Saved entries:
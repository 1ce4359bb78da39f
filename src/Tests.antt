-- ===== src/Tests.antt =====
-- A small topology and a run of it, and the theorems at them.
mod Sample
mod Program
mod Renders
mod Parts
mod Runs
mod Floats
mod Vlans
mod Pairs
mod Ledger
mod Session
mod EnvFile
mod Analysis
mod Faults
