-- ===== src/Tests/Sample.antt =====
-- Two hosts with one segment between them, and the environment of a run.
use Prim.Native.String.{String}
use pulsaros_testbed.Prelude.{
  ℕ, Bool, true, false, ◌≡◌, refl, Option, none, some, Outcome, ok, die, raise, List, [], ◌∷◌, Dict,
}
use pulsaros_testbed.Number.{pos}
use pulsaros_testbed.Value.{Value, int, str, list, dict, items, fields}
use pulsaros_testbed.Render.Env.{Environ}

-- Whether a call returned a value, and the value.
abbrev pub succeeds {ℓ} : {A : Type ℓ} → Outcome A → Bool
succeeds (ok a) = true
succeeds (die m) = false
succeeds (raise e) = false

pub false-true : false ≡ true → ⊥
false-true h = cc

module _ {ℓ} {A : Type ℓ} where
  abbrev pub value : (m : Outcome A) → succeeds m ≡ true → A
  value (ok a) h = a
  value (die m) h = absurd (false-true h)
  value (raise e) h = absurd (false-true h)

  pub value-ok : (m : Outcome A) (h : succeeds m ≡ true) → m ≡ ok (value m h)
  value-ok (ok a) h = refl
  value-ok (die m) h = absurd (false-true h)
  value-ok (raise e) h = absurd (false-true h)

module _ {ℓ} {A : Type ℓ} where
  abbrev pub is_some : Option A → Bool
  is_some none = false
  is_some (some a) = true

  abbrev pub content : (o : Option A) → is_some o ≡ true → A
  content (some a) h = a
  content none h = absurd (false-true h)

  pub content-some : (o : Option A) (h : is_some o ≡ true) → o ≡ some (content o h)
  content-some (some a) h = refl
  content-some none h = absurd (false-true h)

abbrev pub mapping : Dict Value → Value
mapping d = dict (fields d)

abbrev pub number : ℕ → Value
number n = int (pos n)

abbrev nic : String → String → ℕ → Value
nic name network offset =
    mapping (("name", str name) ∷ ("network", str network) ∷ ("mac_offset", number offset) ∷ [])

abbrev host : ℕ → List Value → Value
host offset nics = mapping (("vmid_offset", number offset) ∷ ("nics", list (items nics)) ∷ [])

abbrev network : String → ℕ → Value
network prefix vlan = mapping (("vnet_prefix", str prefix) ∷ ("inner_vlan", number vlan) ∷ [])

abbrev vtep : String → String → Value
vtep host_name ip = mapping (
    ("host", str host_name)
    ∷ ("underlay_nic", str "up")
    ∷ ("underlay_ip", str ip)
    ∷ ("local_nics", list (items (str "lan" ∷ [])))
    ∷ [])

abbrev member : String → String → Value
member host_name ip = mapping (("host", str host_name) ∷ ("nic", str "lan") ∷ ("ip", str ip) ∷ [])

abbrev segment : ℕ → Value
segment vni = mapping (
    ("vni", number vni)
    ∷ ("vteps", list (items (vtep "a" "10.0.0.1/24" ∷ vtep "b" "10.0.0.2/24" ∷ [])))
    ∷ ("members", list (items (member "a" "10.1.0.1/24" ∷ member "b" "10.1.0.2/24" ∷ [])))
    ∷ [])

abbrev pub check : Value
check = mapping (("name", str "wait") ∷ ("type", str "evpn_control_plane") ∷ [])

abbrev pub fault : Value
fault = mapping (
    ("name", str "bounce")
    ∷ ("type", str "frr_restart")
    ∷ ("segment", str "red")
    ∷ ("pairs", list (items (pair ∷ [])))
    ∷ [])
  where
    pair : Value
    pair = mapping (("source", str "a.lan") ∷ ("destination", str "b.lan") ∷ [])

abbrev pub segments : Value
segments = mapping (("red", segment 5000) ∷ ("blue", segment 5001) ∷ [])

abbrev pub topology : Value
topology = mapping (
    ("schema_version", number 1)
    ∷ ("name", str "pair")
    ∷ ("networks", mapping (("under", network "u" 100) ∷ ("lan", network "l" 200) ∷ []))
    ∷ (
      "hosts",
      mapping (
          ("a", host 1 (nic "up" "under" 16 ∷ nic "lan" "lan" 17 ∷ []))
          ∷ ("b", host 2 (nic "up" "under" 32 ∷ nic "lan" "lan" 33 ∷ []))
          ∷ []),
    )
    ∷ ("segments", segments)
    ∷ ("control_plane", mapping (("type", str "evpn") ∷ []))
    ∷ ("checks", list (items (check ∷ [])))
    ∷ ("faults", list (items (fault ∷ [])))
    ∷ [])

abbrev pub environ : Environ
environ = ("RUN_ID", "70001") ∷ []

* * *

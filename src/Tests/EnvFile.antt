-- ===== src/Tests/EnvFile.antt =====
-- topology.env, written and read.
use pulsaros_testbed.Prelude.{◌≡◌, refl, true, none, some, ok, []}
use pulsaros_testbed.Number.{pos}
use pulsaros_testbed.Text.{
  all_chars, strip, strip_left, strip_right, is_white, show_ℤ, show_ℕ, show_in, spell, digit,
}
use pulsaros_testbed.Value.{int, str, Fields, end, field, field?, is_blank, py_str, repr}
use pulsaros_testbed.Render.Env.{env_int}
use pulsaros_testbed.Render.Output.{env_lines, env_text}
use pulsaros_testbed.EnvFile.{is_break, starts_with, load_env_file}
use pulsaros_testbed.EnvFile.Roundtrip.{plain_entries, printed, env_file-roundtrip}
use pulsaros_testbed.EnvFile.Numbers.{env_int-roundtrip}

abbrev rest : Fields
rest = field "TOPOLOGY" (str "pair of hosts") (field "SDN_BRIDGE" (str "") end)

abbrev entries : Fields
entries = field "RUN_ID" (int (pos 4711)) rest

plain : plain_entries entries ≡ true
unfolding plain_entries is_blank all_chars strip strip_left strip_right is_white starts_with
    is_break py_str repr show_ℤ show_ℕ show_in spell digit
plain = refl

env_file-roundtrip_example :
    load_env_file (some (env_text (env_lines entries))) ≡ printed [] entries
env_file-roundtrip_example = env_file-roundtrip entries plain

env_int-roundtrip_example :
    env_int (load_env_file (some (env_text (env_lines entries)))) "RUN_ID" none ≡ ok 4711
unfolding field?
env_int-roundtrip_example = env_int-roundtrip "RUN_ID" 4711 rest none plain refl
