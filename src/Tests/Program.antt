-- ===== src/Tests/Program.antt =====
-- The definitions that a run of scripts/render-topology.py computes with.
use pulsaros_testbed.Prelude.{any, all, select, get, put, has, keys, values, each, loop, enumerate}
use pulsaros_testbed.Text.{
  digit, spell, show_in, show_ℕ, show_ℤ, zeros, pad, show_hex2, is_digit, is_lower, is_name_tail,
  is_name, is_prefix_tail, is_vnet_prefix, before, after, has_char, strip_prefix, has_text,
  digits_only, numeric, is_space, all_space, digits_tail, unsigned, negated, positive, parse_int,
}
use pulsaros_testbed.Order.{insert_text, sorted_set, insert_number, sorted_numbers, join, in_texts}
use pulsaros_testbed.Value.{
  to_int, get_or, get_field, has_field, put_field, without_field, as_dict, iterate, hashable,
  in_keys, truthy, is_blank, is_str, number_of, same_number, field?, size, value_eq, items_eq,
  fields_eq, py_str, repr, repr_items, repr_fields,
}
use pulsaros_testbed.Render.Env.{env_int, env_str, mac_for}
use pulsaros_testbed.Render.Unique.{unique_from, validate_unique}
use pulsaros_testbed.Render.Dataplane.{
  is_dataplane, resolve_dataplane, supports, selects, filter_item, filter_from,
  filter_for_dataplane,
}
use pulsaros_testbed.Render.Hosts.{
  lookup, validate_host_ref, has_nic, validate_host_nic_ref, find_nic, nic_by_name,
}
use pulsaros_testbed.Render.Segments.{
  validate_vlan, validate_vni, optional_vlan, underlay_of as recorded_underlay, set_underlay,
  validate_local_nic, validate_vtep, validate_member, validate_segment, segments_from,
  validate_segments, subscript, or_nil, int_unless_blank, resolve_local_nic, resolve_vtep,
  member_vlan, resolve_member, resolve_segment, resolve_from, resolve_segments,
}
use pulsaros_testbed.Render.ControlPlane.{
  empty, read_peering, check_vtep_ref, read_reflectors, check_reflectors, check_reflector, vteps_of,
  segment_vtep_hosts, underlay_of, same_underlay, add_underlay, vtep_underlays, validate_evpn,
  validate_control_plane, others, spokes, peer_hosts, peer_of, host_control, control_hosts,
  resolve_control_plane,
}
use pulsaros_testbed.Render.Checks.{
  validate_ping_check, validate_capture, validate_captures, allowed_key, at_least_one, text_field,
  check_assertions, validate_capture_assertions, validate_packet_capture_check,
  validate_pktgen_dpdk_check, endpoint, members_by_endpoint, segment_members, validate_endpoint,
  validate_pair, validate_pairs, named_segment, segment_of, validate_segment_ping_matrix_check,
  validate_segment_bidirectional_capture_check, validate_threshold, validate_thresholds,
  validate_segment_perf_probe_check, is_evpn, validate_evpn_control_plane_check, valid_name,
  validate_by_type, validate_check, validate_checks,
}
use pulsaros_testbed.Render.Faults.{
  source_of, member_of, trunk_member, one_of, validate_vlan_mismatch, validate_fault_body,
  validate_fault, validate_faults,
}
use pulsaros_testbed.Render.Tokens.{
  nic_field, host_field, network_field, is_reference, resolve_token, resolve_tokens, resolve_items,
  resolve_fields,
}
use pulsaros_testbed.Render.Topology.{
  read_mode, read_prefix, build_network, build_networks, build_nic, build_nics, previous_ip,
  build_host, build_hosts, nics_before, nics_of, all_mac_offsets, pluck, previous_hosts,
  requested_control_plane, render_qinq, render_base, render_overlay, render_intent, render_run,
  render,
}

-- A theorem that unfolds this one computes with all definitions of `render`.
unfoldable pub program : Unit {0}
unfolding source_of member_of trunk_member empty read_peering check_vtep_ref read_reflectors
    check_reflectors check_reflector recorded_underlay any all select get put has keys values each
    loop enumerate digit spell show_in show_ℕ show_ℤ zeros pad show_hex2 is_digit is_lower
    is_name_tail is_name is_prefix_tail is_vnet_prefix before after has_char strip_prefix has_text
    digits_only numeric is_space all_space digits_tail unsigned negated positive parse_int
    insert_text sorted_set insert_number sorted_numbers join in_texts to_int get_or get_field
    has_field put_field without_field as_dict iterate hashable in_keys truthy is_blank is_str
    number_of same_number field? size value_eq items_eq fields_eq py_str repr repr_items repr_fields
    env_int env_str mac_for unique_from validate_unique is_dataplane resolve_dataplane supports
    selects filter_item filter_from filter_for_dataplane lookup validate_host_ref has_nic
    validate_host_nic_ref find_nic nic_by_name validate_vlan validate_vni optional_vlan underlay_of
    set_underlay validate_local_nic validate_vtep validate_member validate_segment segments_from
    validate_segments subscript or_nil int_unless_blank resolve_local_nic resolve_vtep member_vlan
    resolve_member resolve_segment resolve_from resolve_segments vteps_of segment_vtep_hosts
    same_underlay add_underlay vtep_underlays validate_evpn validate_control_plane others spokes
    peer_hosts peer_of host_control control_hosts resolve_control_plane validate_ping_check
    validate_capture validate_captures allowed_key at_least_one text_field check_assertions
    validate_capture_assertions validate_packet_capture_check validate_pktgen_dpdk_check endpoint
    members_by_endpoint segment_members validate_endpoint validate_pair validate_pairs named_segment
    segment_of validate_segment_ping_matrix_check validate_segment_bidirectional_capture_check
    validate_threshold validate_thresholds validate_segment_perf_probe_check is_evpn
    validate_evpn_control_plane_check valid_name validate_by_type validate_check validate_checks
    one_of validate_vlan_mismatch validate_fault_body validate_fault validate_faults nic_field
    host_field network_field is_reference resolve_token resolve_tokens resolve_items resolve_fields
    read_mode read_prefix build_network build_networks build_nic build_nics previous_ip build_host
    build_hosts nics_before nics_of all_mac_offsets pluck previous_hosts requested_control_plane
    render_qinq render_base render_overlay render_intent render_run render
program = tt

* * *

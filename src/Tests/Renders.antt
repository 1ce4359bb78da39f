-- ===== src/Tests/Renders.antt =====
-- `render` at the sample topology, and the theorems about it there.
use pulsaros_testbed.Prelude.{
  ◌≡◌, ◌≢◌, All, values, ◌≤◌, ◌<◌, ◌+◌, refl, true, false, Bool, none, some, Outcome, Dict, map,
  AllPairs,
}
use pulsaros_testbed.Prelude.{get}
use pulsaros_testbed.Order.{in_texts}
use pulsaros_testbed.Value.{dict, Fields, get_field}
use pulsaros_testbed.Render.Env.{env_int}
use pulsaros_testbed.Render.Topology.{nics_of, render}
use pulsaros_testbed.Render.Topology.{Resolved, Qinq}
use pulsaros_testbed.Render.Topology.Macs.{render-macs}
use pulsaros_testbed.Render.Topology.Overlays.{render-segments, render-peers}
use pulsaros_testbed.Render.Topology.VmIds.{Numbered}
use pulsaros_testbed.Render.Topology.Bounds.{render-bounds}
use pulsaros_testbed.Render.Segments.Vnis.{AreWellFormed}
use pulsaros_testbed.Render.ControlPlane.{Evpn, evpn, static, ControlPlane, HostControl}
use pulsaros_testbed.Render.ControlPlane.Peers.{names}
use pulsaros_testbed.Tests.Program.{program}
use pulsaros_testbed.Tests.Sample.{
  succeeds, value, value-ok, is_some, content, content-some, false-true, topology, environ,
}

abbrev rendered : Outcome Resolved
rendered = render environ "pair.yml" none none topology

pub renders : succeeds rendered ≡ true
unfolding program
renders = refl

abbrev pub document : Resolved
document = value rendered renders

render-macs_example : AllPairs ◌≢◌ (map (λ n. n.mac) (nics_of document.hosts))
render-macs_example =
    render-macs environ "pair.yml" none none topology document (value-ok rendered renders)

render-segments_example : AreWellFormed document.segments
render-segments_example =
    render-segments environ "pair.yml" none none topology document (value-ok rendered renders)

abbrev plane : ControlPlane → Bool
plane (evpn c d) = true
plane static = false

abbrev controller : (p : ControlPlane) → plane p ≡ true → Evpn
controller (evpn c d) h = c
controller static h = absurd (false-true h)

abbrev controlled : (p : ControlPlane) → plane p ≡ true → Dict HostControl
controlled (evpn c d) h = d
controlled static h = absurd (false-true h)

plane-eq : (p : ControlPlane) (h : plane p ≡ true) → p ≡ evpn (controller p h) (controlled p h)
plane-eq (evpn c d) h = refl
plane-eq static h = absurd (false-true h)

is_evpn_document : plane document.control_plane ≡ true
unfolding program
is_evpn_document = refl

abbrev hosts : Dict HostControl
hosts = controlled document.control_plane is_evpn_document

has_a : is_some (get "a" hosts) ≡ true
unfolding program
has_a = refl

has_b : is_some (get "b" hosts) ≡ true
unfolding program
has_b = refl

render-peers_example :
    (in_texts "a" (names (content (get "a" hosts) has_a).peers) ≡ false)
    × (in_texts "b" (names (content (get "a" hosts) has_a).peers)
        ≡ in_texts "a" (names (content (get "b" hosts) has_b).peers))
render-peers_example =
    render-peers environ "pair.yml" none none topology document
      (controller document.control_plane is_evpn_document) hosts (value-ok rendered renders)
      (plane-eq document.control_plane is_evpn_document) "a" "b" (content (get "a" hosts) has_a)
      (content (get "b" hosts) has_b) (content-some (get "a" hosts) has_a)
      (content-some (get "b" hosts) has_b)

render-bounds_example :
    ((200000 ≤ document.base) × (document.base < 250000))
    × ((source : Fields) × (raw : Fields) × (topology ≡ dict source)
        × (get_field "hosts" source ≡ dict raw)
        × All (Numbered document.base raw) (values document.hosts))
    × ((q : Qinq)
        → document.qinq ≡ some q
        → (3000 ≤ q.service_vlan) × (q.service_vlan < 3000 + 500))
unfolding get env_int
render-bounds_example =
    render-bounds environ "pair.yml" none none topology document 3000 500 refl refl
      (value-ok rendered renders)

§ Instructions to follow
Lines in the records above that carry the word "enumerate" are to be located and copied.

§ Response box
use pulsaros_testbed.Prelude.{any, all, select, get, put, has, keys, values, each, loop, enumerate}
    loop enumerate digit spell show_in show_ℕ show_ℤ zeros pad show_hex2 is_digit is_lower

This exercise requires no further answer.